For comparison, we fit a Vector AutoRegression (VAR) model—a classical multivariate approach.


In [None]:
from statsmodels.tsa.api import VAR
from statsmodels.tsa.stattools import adfuller

# Prepare data for VAR (requires stationarity)
var_data = multivar_data[['ORtg', 'Pace', '3PAr']].copy()

# Check stationarity
for col in var_data.columns:
    adf_result = adfuller(var_data[col])
    print(f"{col}: ADF p-value = {adf_result[1]:.4f}", "(stationary)" if adf_result[1] < 0.05 else "(non-stationary)")

# Difference if needed
var_data_diff = var_data.diff().dropna()
print(f"\nAfter differencing:")
for col in var_data_diff.columns:
    adf_result = adfuller(var_data_diff[col])
    print(f"{col}: ADF p-value = {adf_result[1]:.4f}")

# Split (use same indices as deep learning split)
var_train = var_data_diff.iloc[:train_size-1]
var_test = var_data_diff.iloc[train_size-1:]

# Fit VAR
var_model = VAR(var_train)
var_results = var_model.fit(maxlags=5, ic='aic')

print(f"\nVAR Model Summary:")
print(f"Selected lag order: {var_results.k_ar}")
print(var_results.summary())

# Forecast
var_forecast = var_results.forecast(var_train.values[-var_results.k_ar:], steps=len(var_test))
var_forecast_df = pd.DataFrame(var_forecast, columns=var_data_diff.columns)

# Calculate RMSE on differenced data
var_rmse_ortg = np.sqrt(mean_squared_error(var_test['ORtg'], var_forecast_df['ORtg']))
var_rmse_pace = np.sqrt(mean_squared_error(var_test['Pace'], var_forecast_df['Pace']))
var_rmse_3par = np.sqrt(mean_squared_error(var_test['3PAr'], var_forecast_df['3PAr']))
var_rmse_avg = np.mean([var_rmse_ortg, var_rmse_pace, var_rmse_3par])
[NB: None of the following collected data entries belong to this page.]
-- ===== src/Policy.antt =====
-- SafetyPolicy, Status and the grouping of statuses by outcome: src/butterbot/application/safety/service.py.
use butterbot.Base.{ℤ, pos, String, Bool, ◌&&◌, List, [], ◌∷◌, any, str_eq, leb_ℤ, if◌then◌else◌}
use butterbot.Exact.{require_int64}
use butterbot.Result.{Result, ok, err, value_error, ◌>>◌}

pub data Status : Type 0 where
  applied pending approved denied unavailable expired already_finished self_approval limit : Status
  frozen unconfigured unverified_scope executed already_executed corrected already_corrected :
      Status
  insufficient_funds approval_required : Status

unfoldable pub status_text : Status → String
status_text Status.applied = "applied"
status_text Status.pending = "pending"
status_text Status.approved = "approved"
status_text Status.denied = "denied"
status_text Status.unavailable = "unavailable"
status_text Status.expired = "expired"
status_text Status.already_finished = "already_finished"
status_text Status.self_approval = "self_approval"
status_text Status.limit = "limit"
status_text Status.frozen = "frozen"
status_text Status.unconfigured = "unconfigured"
status_text Status.unverified_scope = "unverified_scope"
status_text Status.executed = "executed"
status_text Status.already_executed = "already_executed"
status_text Status.corrected = "corrected"
status_text Status.already_corrected = "already_corrected"
status_text Status.insufficient_funds = "insufficient_funds"
status_text Status.approval_required = "approval_required"

-- `_STATUSES`
abbrev pub known_statuses : List String
known_statuses =
    "applied" ∷ "pending" ∷ "approved" ∷ "denied" ∷ "unavailable" ∷ "expired" ∷ "already_finished"
    ∷ "self_approval" ∷ "limit" ∷ "frozen" ∷ "unconfigured" ∷ "unverified_scope" ∷ "executed"
    ∷ "already_executed" ∷ "corrected" ∷ "already_corrected" ∷ "insufficient_funds"
    ∷ "approval_required" ∷ []

-- The statuses that are stored as a success.
abbrev pub success_statuses : List String
success_statuses =
    "applied" ∷ "pending" ∷ "approved" ∷ "executed" ∷ "already_executed" ∷ "corrected"
    ∷ "already_corrected" ∷ []

abbrev pub is_success_status : String → Bool
is_success_status status = any (str_eq status) success_statuses

pub record SafetyPolicy : Type 0 where
  pub approval_threshold : ℤ
  pub per_operation_ceiling : ℤ
  pub rolling_24h_ceiling : ℤ

-- `SafetyPolicy.__post_init__`
unfoldable pub safety_policy : SafetyPolicy → Result SafetyPolicy
safety_policy p = do
  require_int64 (pos 0) p.approval_threshold
  require_int64 (pos 1) p.per_operation_ceiling
  require_int64 (pos 1) p.rolling_24h_ceiling
  if leb_ℤ p.approval_threshold p.per_operation_ceiling
        && leb_ℤ p.per_operation_ceiling p.rolling_24h_ceiling
      then ok p
      else err value_error
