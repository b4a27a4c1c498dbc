-- ===== src/Query.antt =====
-- src/query_api.cpp: one query's session against the Query API, its cursor, and the client.
pub mod Types
pub mod Checks
pub mod Session
pub mod Cursor
pub mod Client
pub mod Sound
pub mod Frame
pub mod Reading
pub mod Schema
pub mod Stop
pub mod Counts
mod Examples
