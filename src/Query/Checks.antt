-- ===== src/Query/Checks.antt =====
-- src/query_api.cpp: the checks on URLs and identifiers, the JSON escape and SameMetadata.
use duckdb_data.Pkce.Origin.{https, strip_slash}
use duckdb_data.Query.Types.{ColumnMetadata}
use duckdb_data.Base.{
  ℕ, zero, suc, ◌+◌, ◌/◌, ◌%◌, Bool, true, false, not, ◌&&◌, ◌||◌, Option, none, some, List, [],
  ◌∷◌, ◌++◌, ltb, leb, ◌==◌, if◌then◌else◌, length, get_or, drop, Bytes, codes, bytes_eq, is_empty,
  starts_with, ends_with, all_of, contains, is_upper, is_digit, is_alnum, is_cntrl, back, pop_back,
  cut,
}

-- `while (!value.empty() && value.back() == '/')`: a round takes a byte off.
pub trim_rounds : ℕ → Bytes → Bytes
trim_rounds zero value = value
trim_rounds (suc rounds) value =
    let shorter = trim_rounds rounds (pop_back value) in
    if not (is_empty value) && back value == b'/' then shorter else value

unfoldable pub trim_trailing_slash : Bytes → Bytes
unfolding trim_rounds
trim_trailing_slash value = trim_rounds (length value) value

abbrev pub tenant_suffix : Bytes
tenant_suffix = codes ".c360a.salesforce.com"

-- One label of the host.
unfoldable pub is_tenant_label : Bytes → Bool
unfolding all_of
is_tenant_label [] = false
is_tenant_label (c ∷ label) =
    leb (length (c ∷ label)) 63
    && is_alnum c
    && is_alnum (back (c ∷ label))
    && all_of (λ x. is_alnum x || x == b'-') (c ∷ label)

-- The loop from `label_start` on: `rest` is what stands there. A round takes at least a dot away.
unfoldable pub tenant_labels : ℕ → Bytes → Bool
tenant_labels zero rest = is_empty rest
tenant_labels (suc rounds) [] = true
tenant_labels (suc rounds) (c ∷ rest) = elim (cut (codes ".") (c ∷ rest)) [
  | none ↦ is_tenant_label (c ∷ rest)
  | some (label, behind) ↦ let more = tenant_labels rounds behind in is_tenant_label label && more
]

unfoldable pub is_trusted_tenant_url : Bytes → Bool
unfolding starts_with contains all_of ends_with cut tenant_labels is_tenant_label
is_trusted_tenant_url value =
    let host = strip_slash (drop (length https) value) in
    if not (starts_with https value)
    then false
    else if is_empty host || not (all_of (λ c. not (contains (codes "/?#@:\\%") c)) host)
    then false
    else if not (all_of (λ c. not (ltb 0x7f c || is_cntrl c || is_upper c)) host)
    then false
    else if leb (length host) (length tenant_suffix) || not (ends_with tenant_suffix host)
    then false
    else tenant_labels (length host) host

unfoldable pub is_safe_query_id : Bytes → Bool
unfolding all_of
is_safe_query_id value =
    if is_empty value || ltb 128 (length value)
    then false
    else all_of (λ c. is_alnum c || c == b'-' || c == b'_') value

abbrev pub query_prefix : Bytes
query_prefix = codes "/api/v3/query/"

abbrev pub chunks_separator : Bytes
chunks_separator = codes "/chunks/"

abbrev pub is_found : Option (Bytes × Bytes) → Bool
is_found none = false
is_found (some place) = true

-- From `separator_at` on; the second search begins one byte behind the first hit.
abbrev pub is_safe_chunk_rest : Bytes → Option (Bytes × Bytes) → Bool
is_safe_chunk_rest rest none = false
is_safe_chunk_rest rest (some (id, chunk_id)) =
    if is_found (cut chunks_separator (drop (length id + 1) rest)) || not (is_safe_query_id id)
    then false
    else if is_empty chunk_id || ltb 20 (length chunk_id)
    then false
    else all_of is_digit chunk_id

unfoldable pub is_safe_chunk_path : Bytes → Bool
unfolding starts_with contains all_of cut is_safe_query_id
is_safe_chunk_path value =
    let rest = drop (length query_prefix) value in
    if not (starts_with query_prefix value)
      || ltb 256 (length value)
      || not (all_of (λ c. not (contains (codes "\\?#%") c)) value)
      || is_found (cut (codes "..") value)
    then false
    else is_safe_chunk_rest rest (cut chunks_separator rest)

unfoldable pub query_id_from_chunk_path : Bytes → Bytes
unfolding cut
query_id_from_chunk_path value =
    let rest = drop (length query_prefix) value in
    elim (cut chunks_separator rest) [ none ↦ rest | some (id, chunk_id) ↦ id ]

abbrev pub lower_hex : ℕ → ℕ
lower_hex i = get_or (codes "0123456789abcdef") i 0

unfoldable pub json_escape_byte : ℕ → Bytes
json_escape_byte c =
    if c == b'\\'
    then b'\\' ∷ b'\\' ∷ []
    else if c == b'"'
    then b'\\' ∷ b'"' ∷ []
    else if c == 8
    then b'\\' ∷ b'b' ∷ []
    else if c == 12
    then b'\\' ∷ b'f' ∷ []
    else if c == 10
    then b'\\' ∷ b'n' ∷ []
    else if c == 13
    then b'\\' ∷ b'r' ∷ []
    else if c == 9
    then b'\\' ∷ b't' ∷ []
    else if ltb c 0x20
    then b'\\' ∷ b'u' ∷ b'0' ∷ b'0' ∷ lower_hex (c / 16 % 16) ∷ lower_hex (c % 16) ∷ []
    else c ∷ []

unfoldable pub json_escape : Bytes → Bytes
unfolding json_escape_byte
json_escape [] = []
json_escape (c ∷ value) = json_escape_byte c ++ json_escape value

abbrev pub bool_eq : Bool → Bool → Bool
bool_eq true b = b
bool_eq false b = not b

unfoldable pub same_column : ColumnMetadata → ColumnMetadata → Bool
same_column a b =
    bytes_eq a.name b.name
    && bytes_eq a.column_type b.column_type
    && bool_eq a.nullable b.nullable
    && bool_eq a.has_precision b.has_precision
    && bool_eq a.has_scale b.has_scale
    && a.precision == b.precision
    && a.scale == b.scale

unfoldable pub same_metadata : List ColumnMetadata → List ColumnMetadata → Bool
unfolding same_column
same_metadata [] [] = true
same_metadata (a ∷ left) (b ∷ right) = same_column a b && same_metadata left right
same_metadata _ _ = false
print(f"\nVAR Test Performance (on differenced data):")
print(f"  ORtg RMSE:  {var_rmse_ortg:.4f}")
print(f"  Pace RMSE:  {var_rmse_pace:.4f}")
print(f"  3PAr RMSE:  {var_rmse_3par:.4f}")
print(f"  Average:    {var_rmse_avg:.4f}")

---

## Comprehensive Model Comparison


In [None]:
# Create comprehensive comparison table
final_comparison = pd.DataFrame({
    'Model Type': [
        'Traditional', 'Traditional', 'Traditional',
        'Deep Learning', 'Deep Learning', 'Deep Learning',
        'Deep Learning', 'Deep Learning', 'Deep Learning'
    ],
    'Model': [
        'ARIMA', 'SARIMAX', 'VAR',
        'RNN', 'GRU', 'LSTM',
        'RNN', 'GRU', 'LSTM'
    ],
    'Input Type': [
        'Univariate', 'Multivariate', 'Multivariate',
        'Univariate', 'Univariate', 'Univariate',
        'Multivariate', 'Multivariate', 'Multivariate'
    ],
    'RMSE': [
        3.575,  # ARIMA test RMSE from uniTS_model
        1.400,  # ARIMAX test RMSE from multiTS_model (Shot Selection model)
        var_rmse_avg,
        rnn_test_rmse,
        gru_test_rmse,
        lstm_test_rmse,
        mv_rnn_rmse_avg,
        mv_gru_rmse_avg,
        mv_lstm_rmse_avg
    ]
})

print("\n" + "="*80)
print("COMPREHENSIVE MODEL COMPARISON")
print("="*80)
print(final_comparison.to_string(index=False))
print("="*80)

# Visualize
fig, ax = plt.subplots(figsize=(14, 6))

# Group by input type
univariate = final_comparison[final_comparison['Input Type'] == 'Univariate']
multivariate = final_comparison[final_comparison['Input Type'] == 'Multivariate']

x_uni = np.arange(len(univariate))
x_multi = np.arange(len(multivariate)) + len(univariate) + 0.5

bars1 = ax.bar(x_uni, univariate['RMSE'], width=0.6, label='Univariate', alpha=0.8, color='steelblue')
bars2 = ax.bar(x_multi, multivariate['RMSE'], width=0.6, label='Multivariate', alpha=0.8, color='coral')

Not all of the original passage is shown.